Op Note: Trace the surgeon's work

The relevant details of the op report: We carried out a modified radical neck dissection on the right neck, with preservation of the spinal accessory nerve and sternocleidomastoid muscle. We figured out that the internal jugular vein was involved by disease at level IV, and as such sacrificed the internal jugular vein along with the rest of the neck contents. As we tracked the disease near the phrenic nerve, we saw that the disease was tracking down into the superior mediastinum and possibly involved the right subclavian vein.

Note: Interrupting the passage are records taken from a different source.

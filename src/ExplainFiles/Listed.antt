-- ===== src/ExplainFiles/Listed.antt =====
-- What an accepted listing says of a file it says of one of its files.
use rules_typescript.Base.{
  Bool, true, false, not, ◌&&◌, ◌||◌, Option, none, some, List, [], ◌∷◌, ◌++◌, if-elim, In, here,
  In-append_left, In-append_right, ◌≡◌, refl, sym, subst, false≢true,
}
use rules_typescript.Base.Text.{Text, codes, text_eq, has_prefix, contains}
use rules_typescript.ExplainFiles.{EdgeKind, module_specifier, Edge, TypeEntry, Listing, Attempt}
use rules_typescript.ExplainFiles.Reasons.{
  Parsed, ok, malformed, panics, is_none, Reading, as_edge, as_type_entry, as_implicit, as_root,
  as_nothing, ReasonForm, admits, read_edge, read_form, read_found, reason_forms, read_reason,
}
use rules_typescript.ExplainFiles.Parse.{with_missing, with_listing, rest_of, on_line, parse}
use rules_typescript.ExplainFiles.Traces.{
  Frame, Grammar, Reader, is_import, same_kind, redirects, on_start, settled, on_end, on_candidate,
}
use rules_typescript.ExplainFiles.Lines.{Holds, held, errs, breaks, snoc, parse-Holds_of}

pub record IsListed (files : List Text) (edges : List Edge) (roots : List Text)
    (types implicit : List TypeEntry) : Type 0 where
  pub edges_listed : (e : Edge) → In e edges → In e.to files
  pub roots_listed : (f : Text) → In f roots → In f files
  pub types_listed : (t : TypeEntry) → In t types → In t.file files
  pub implicit_listed : (t : TypeEntry) → In t implicit → In t.file files

-- The files of the edges, the roots and the entries are files of the listing.
abbrev pub IsListing : Listing → Type 0
IsListing l = IsListed l.files l.edges l.roots l.types l.implicit

record IsAt (file : Text) (l : Listing) : Type 0 where
  listing : IsListed l.files l.edges l.roots l.types l.implicit
  current : is_none file ≡ false → In file l.files

abbrev IsReading : Reader → Type 0
IsReading s = IsAt s.file s.listing

module _ (file : Text) (l : Listing) (named : In file l.files) (w : IsListing l) where
  abbrev Kept : Listing → Type 0
  Kept m = IsListing m × (m.files ≡ l.files)

  read_edge-Holds :
      (b : Bool) (kind : EdgeKind) (spec from : Text)
      → Holds Kept (read_edge b kind file spec from l)
  read_edge-Holds false kind spec from = held (
    record {
      edges_listed = snoc (λ e. In e.to l.files) l.edges _ w.edges_listed named;
      roots_listed = w.roots_listed;
      types_listed = w.types_listed;
      implicit_listed = w.implicit_listed;
    },
    refl,
  )
  read_edge-Holds true kind (q ∷ c ∷ spec) from = held (
    record {
      edges_listed = snoc (λ e. In e.to l.files) l.edges _ w.edges_listed named;
      roots_listed = w.roots_listed;
      types_listed = w.types_listed;
      implicit_listed = w.implicit_listed;
    },
    refl,
  )
  read_edge-Holds true kind (q ∷ []) from = breaks
  read_edge-Holds true kind [] from = breaks

  read_form-Holds :
      (reading : Reading) (found : Text × Text) → Holds Kept (read_form reading file found l)
  unfolding read_form
  read_form-Holds (as_edge kind) (spec, from) =
      read_edge-Holds (module_specifier kind) kind spec from
  read_form-Holds as_type_entry (entry, other) = held (
    record {
      edges_listed = w.edges_listed;
      roots_listed = w.roots_listed;
      types_listed = snoc (λ t. In t.file l.files) l.types _ w.types_listed named;
      implicit_listed = w.implicit_listed;
    },
    refl,
  )
  read_form-Holds as_implicit (entry, other) = held (
    record {
      edges_listed = w.edges_listed;
      roots_listed = w.roots_listed;
      types_listed = w.types_listed;
      implicit_listed = snoc (λ t. In t.file l.files) l.implicit _ w.implicit_listed named;
    },
    refl,
  )
  read_form-Holds as_root found = held (
    record {
      edges_listed = w.edges_listed;
      roots_listed = snoc (λ f. In f l.files) l.roots _ w.roots_listed named;
      types_listed = w.types_listed;
      implicit_listed = w.implicit_listed;
    },
    refl,
  )
  read_form-Holds as_nothing found = held (w, refl)

  module _ (find : Text → Text → Option (Text × Text)) where
    read_found-Holds :
        (reading : Reading) (rest : Parsed Listing) (o : Option (Text × Text))
        → Holds Kept rest
        → Holds Kept (read_found find reading file l rest o)
    read_found-Holds reading rest none h = h
    read_found-Holds reading rest (some found) h = read_form-Holds reading found

    read_reason-Holds :
        (forms : List ReasonForm) (reason : Text)
        → Holds Kept (read_reason find forms file reason l)
    unfolding read_reason
    read_reason-Holds [] reason = errs
    read_reason-Holds (f ∷ forms) reason =
        let h = read_reason-Holds forms reason in
        if-elim (Holds Kept) (not (admits f reason)) _ _ (λ _. h)
          (λ _.
            read_found-Holds f.reading (read_reason find forms file reason l)
              (find f.pattern reason) h)

settled-IsAt :
    (b : Bool) (to file : Text) (a : Attempt) (l : Listing) (g : Grammar)
    → IsAt file l
    → IsAt file (settled g b to a l)
settled-IsAt true to file a l g w = record { listing = w.listing; current = w.current }
settled-IsAt false to file a l g w = record { listing = w.listing; current = w.current }

with_missing-IsAt :
    (g : Grammar) (file : Text) (o : Option (Text × (Text × Text))) (l : Listing)
    → IsAt file l
    → IsAt file (with_missing g o l)
unfolding with_missing
with_missing-IsAt g file none l w = w
with_missing-IsAt g file (some (from, (path, extensions))) l w = record {
  listing = w.listing;
  current = w.current;
}

module _ (g : Grammar) where
  on_start-Holds :
      (frame : Frame) (o : Option Attempt) (s : Reader)
      → IsReading s
      → Holds IsReading (on_start g frame o s)
  unfolding on_start
  on_start-Holds frame (some a) s w =
      if-elim (Holds IsReading) (redirects g (g.package_target s.previous) a frame) _ _
        (λ _. held w) (λ _. errs)
  on_start-Holds frame none s w =
      if-elim (Holds IsReading) (is_import frame.kind && not (g.is_abs frame.from)) _ _ (λ _. errs)
        (λ _. held w)

  on_end-Holds :
      (frame : Frame) (o : Option Attempt) (s : Reader)
      → IsReading s
      → Holds IsReading (on_end g frame o s)
  unfolding on_end
  on_end-Holds frame none s w = errs
  on_end-Holds frame (some a) s w =
      let t = settled-IsAt frame.resolved frame.to s.file a s.listing g w in
      if-elim (Holds IsReading)
        (not (same_kind frame.kind a.unresolved.kind)
          || not (text_eq frame.specifier a.unresolved.specifier))
        _ _ (λ _. errs) (λ _. held (record { listing = t.listing; current = t.current }))

  on_candidate-Holds :
      (o : Option Attempt) (found : Option Text) (s : Reader)
      → IsReading s
      → Holds IsReading (on_candidate g o found s)
  unfolding on_candidate
  on_candidate-Holds none found s w = errs
  on_candidate-Holds (some a) none s w = errs
  on_candidate-Holds (some a) (some path) s w =
      if-elim (Holds IsReading) (is_import a.unresolved.kind && not (g.is_abs path)) _ _ (λ _. errs)
        (λ _. held (record { listing = w.listing; current = w.current }))

  with_listing-Holds :
      (r : Parsed Listing) (s : Reader)
      → Holds (λ l. IsListing l × (l.files ≡ s.listing.files)) r
      → IsReading s
      → Holds IsReading (with_listing g r s)
  with_listing-Holds (ok l) s (held h) w =
      held (record {
        listing = h.0;
        current = λ n. subst (λ fs. In s.file fs) (sym h.1) (w.current n);
      })
  with_listing-Holds malformed s h w = errs
  with_listing-Holds panics s h w = breaks

  on_reason-Holds :
      (line : Text) (s : Reader)
      → is_none s.file ≡ false
      → IsReading s
      → Holds IsReading (with_listing g (read_reason g.find reason_forms s.file line s.listing) s)
  on_reason-Holds line s named w =
      with_listing-Holds _ s
        (read_reason-Holds s.file s.listing (w.current named) w.listing g.find reason_forms line) w

  on_file-IsAt :
      (line : Text) (l : Listing)
      → IsListing l
      → IsAt line (record l { files = l.files ++ line ∷ [] })
  on_file-IsAt line l w = record {
    listing = record {
      edges_listed = λ e i. In-append_left (line ∷ []) (w.edges_listed e i);
      roots_listed = λ f i. In-append_left (line ∷ []) (w.roots_listed f i);
      types_listed = λ t i. In-append_left (line ∷ []) (w.types_listed t i);
      implicit_listed = λ t i. In-append_left (line ∷ []) (w.implicit_listed t i);
    };
    current = λ n. In-append_right l.files (here refl);
  }

  on_line-Holds : (line : Text) (s : Reader) → IsReading s → Holds IsReading (on_line g line s)
  unfolding on_line
  on_line-Holds line s w =
      if-elim (Holds IsReading) (is_none line) _ _ (λ _. held w)
        (λ _.
          if-elim (Holds IsReading) (s.in_diagnostic && has_prefix line (codes "  ")) _ _
            (λ _. held (record { listing = w.listing; current = w.current }))
            (λ _.
              if-elim (Holds IsReading) (has_prefix line (codes "   ")) _ _
                (λ _.
                  if-elim (Holds IsReading) (is_none s.file) _ _ (λ _. errs)
                    (λ named. on_reason-Holds (rest_of g 3 line) s named w))
                (λ _.
                  if-elim (Holds IsReading)
                    (contains line (codes "error TS") && g.diagnostic_line line) _ _
                    (λ _. held (
                      with_diagnostic (
                        with_missing-IsAt g s.file (g.missing_reference line)
                          (record s.listing { diagnostics = s.listing.diagnostics ++ line ∷ [] })
                          (record { listing = w.listing; current = w.current }))))
                    (λ _. held (with_diagnostic (on_file-IsAt line s.listing w.listing))))))
    where
      with_diagnostic : {file : Text} {l : Listing} → IsAt file l → IsAt file l
      with_diagnostic v = record { listing = v.listing; current = v.current }

-- In a listing that is accepted, whatever the regular expressions match, every edge leads to a file
-- of the listing, and every root and every type entry is one.
pub parse-IsListed : (g : Grammar) (text : Text) → Holds IsListing (parse g text)
parse-IsListed g text =
    parse-Holds_of g IsReading (λ line s w. record { listing = w.listing; current = w.current })
      (λ frame s w. on_start-Holds g frame s.resolution s w)
      (λ frame s w. on_end-Holds g frame s.resolution s w)
      (λ found s w. on_candidate-Holds g s.resolution found s w)
      (λ line a s e w. record { listing = w.listing; current = w.current }) (on_line-Holds g)
      IsListing (λ s w. w.listing)
      (record {
        listing = record {
          edges_listed = λ e i. elim i [ ];
          roots_listed = λ f i. elim i [ ];
          types_listed = λ t i. elim i [ ];
          implicit_listed = λ t i. elim i [ ];
        };
        current = λ n. absurd (false≢true (sym n));
      })
      text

In order to offer better exposure to the vasculature in the superior mediastinum, we fractured the clavicle using a Gigli saw. We removed the lymph nodes that were tracking down along the carotid artery and jugular vein. Then we carried out a left neck dissection, removing lymph node levels II, III and IV.

We separated the fascia from the deep surfaces of the sternocleidomastoid muscle, which allowed us to remove the lymph node tissue from levels II, III and IV, thus bringing it anteriorly across the great vessels. As soon as we had it into the anterior aspect of temperature neck, we terminated the specimen and sent it to pathology.